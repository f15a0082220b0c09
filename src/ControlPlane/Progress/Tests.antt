-- ===== src/ControlPlane/Progress/Tests.antt =====
-- Feeds on concrete data, and instances of the theorems.
use mathlib.Core.List.{Perm}
use roambench.Base.{
  ℕ, ◌≤◌, ◌&&◌, ◌≡◌, ◌⊎◌, refl, false, [], ◌∷◌, ◌++◌, List, count, filter, length, ltb,
}
use roambench.Base.Text.{Text, codes, text_eq, trim_space}
use roambench.ControlPlane.Errors.{ok}
use roambench.ControlPlane.Progress.{
  TaskProgress, task_progress_limit, of_task, at_seq, upsert, insert_newest, newest_first, prune,
  add_task_progress, list_task_progress,
}
use roambench.ControlPlane.Progress.Bounded.{IsBounded, add, start, next, Reach-IsBounded}
use roambench.ControlPlane.Progress.Order.{IsDescending, list_task_progress-newest}

abbrev user : Text
user = codes "ian"

abbrev event : Text → ℕ → Text → TaskProgress
event task n text = record {
  username = user;
  task_id = task;
  seq = n;
  kind = codes "raw";
  text = text;
  created_at = 9;
}

abbrev one : List TaskProgress
one = event (codes "t1") 1 (codes "a") ∷ []

abbrev two : List TaskProgress
two = event (codes "t1") 1 (codes "a") ∷ event (codes "t1") 2 (codes "b") ∷ []

add_first : add_task_progress 9 user (codes " t1") 1 [] (codes "a ") [] ≡ ok one
unfolding add_task_progress upsert prune newest_first insert_newest text_eq trim_space
add_first = refl

add_second : add_task_progress 9 user (codes "t1") 2 [] (codes "b") one ≡ ok two
unfolding add_task_progress upsert prune newest_first insert_newest text_eq trim_space
add_second = refl

Reach-IsBounded_example :
    ((n : ℕ) → count (at_seq user (codes "t1") n) two ≤ 1) × IsBounded user (codes "t1") two
Reach-IsBounded_example =
    Reach-IsBounded
      (next (next start (add {t = []} {u = one} 9 user (codes " t1") 1 [] (codes "a ") add_first))
        (add {t = one} {u = two} 9 user (codes "t1") 2 [] (codes "b") add_second))
      user (codes "t1")

trimmed_apart :
    (text_eq (trim_space user) user && text_eq (trim_space (codes "t1")) (codes "t2")) ≡ false
unfolding text_eq trim_space
trimmed_apart = refl

list_two :
    list_task_progress user (codes "t1") 0 two
    ≡ ok (event (codes "t1") 2 (codes "b") ∷ event (codes "t1") 1 (codes "a") ∷ [])
unfolding list_task_progress newest_first insert_newest text_eq trim_space
list_two = refl

abbrev shown : List TaskProgress
shown = event (codes "t1") 2 (codes "b") ∷ event (codes "t1") 1 (codes "a") ∷ []

list_task_progress-newest_example :
    (rest : List TaskProgress) × Perm
      (shown ++ rest)
      (filter (λ p. of_task (trim_space user) (trim_space (codes "t1")) p && ltb 0 p.seq) two)
    × IsDescending (shown ++ rest)
    × (length shown ≤ task_progress_limit)
    × ((length shown ≡ task_progress_limit) ⊎ (rest ≡ []))
list_task_progress-newest_example = list_task_progress-newest user (codes "t1") 0 two shown list_two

Instructions for the task - Pull out all lines containing the word "TaskProgress" from the entries above.

Exercise solution -
  TaskProgress, task_progress_limit, of_task, at_seq, upsert, insert_newest, newest_first, prune,
abbrev event : Text → ℕ → Text → TaskProgress
abbrev one : List TaskProgress
abbrev two : List TaskProgress
abbrev shown : List TaskProgress
    (rest : List TaskProgress) × Perm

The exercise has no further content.